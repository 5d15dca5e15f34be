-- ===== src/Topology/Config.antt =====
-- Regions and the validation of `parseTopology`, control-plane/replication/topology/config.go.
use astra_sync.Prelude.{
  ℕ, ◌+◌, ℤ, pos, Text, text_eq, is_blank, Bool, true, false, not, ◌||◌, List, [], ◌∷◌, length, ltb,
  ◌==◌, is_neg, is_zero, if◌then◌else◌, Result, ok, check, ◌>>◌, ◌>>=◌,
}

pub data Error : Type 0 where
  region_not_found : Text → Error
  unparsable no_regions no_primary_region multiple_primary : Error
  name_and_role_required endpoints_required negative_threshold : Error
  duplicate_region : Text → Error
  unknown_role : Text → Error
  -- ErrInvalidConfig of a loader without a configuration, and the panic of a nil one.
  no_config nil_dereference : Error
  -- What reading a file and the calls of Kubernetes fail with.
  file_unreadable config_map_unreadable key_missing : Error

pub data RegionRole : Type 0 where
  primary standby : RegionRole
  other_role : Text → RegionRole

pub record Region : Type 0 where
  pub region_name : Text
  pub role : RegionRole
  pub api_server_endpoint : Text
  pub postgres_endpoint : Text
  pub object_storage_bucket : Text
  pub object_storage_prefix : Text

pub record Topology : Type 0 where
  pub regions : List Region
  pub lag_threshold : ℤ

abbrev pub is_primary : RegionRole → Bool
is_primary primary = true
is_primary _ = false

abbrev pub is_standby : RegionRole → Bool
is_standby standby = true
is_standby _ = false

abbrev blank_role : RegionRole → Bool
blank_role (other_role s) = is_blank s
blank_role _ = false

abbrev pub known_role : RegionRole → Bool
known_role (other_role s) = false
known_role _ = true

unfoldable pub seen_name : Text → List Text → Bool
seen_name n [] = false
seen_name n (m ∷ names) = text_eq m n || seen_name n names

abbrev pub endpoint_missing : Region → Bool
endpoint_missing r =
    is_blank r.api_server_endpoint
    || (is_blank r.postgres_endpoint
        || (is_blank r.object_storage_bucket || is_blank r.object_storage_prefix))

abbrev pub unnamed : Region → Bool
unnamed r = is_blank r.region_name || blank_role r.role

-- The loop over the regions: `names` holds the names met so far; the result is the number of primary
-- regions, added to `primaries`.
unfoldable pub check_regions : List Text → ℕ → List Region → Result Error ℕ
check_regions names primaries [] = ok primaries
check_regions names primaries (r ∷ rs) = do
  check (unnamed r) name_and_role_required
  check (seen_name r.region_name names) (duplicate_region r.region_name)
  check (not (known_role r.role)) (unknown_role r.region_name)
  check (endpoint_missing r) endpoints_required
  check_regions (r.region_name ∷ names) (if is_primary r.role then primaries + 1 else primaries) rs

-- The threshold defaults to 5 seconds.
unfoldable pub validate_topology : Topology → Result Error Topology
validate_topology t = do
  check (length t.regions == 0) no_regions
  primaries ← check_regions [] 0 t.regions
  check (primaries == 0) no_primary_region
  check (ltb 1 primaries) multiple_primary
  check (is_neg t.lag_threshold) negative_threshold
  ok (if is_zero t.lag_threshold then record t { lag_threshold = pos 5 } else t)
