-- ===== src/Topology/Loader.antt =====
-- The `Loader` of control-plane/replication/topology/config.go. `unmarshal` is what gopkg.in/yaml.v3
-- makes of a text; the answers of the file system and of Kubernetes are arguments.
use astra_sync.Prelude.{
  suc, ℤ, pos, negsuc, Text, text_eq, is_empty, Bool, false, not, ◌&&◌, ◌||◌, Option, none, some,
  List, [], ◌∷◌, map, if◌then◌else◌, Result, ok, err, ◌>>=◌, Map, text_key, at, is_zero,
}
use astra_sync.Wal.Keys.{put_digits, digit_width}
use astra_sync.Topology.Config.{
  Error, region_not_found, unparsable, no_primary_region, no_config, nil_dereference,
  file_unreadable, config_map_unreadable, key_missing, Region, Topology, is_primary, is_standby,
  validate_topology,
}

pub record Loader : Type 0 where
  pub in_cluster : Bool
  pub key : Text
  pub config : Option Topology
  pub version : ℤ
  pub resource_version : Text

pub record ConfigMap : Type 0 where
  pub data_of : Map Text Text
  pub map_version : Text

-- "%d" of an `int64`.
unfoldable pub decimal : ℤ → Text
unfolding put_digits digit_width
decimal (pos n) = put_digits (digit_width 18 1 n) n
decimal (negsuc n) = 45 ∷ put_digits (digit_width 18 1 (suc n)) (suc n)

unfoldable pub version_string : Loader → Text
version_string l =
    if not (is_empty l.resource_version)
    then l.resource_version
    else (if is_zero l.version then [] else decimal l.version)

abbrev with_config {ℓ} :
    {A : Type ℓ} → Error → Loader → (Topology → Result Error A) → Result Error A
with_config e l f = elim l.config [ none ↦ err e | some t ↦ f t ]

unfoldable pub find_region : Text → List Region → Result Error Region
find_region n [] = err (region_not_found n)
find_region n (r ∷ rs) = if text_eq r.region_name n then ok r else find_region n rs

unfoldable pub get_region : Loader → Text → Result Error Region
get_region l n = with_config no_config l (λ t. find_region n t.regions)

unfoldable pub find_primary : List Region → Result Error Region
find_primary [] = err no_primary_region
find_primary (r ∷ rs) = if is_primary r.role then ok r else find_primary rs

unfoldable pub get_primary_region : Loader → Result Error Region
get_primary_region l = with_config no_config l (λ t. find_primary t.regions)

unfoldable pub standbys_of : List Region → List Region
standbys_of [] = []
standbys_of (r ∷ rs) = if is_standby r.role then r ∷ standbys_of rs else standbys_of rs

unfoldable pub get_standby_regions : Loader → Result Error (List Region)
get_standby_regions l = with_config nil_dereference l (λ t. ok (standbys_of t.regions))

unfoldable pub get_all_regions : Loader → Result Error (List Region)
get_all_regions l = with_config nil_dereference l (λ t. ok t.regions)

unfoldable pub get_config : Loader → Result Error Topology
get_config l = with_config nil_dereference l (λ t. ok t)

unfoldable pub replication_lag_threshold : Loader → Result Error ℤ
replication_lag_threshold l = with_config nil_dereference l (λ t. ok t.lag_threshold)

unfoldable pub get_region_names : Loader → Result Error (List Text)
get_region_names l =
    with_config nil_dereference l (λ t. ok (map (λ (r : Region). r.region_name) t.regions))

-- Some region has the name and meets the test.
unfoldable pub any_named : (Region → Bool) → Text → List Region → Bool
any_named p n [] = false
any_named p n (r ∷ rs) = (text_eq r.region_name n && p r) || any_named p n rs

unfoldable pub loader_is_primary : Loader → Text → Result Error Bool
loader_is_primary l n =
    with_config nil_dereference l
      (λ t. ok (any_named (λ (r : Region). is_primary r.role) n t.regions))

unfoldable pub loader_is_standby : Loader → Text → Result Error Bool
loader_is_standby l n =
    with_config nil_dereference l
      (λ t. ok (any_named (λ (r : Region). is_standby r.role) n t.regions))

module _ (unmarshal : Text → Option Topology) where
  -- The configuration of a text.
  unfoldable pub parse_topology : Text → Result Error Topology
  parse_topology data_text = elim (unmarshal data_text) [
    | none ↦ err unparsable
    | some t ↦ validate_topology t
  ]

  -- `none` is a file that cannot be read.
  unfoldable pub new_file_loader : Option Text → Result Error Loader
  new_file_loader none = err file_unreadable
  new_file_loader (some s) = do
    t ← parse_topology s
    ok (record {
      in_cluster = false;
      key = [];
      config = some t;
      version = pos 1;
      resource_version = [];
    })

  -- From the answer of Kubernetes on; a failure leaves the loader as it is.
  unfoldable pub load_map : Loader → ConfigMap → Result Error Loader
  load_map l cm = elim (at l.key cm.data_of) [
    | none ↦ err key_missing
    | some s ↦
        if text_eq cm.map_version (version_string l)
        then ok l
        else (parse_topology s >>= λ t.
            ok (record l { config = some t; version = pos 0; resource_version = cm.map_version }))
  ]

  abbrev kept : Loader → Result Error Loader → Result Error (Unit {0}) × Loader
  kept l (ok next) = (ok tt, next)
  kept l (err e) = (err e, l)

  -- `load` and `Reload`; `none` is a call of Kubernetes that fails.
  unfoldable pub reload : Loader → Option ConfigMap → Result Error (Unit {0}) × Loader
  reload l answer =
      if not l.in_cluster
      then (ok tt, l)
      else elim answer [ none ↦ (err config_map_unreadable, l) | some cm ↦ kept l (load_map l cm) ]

◇ ◇ ◇ ◇

- _Task prompt_: Your answer should be the lines of the listing above between the line holding "check_regions (r.region_name ∷" and the line holding "primaries ← check_regions [] 0 t.regions", inclusive, restated word for word and alone.

- _Exercise response_:
  check_regions (r.region_name ∷ names) (if is_primary r.role then primaries + 1 else primaries) rs

-- The threshold defaults to 5 seconds.
unfoldable pub validate_topology : Topology → Result Error Topology
validate_topology t = do
  check (length t.regions == 0) no_regions
  primaries ← check_regions [] 0 t.regions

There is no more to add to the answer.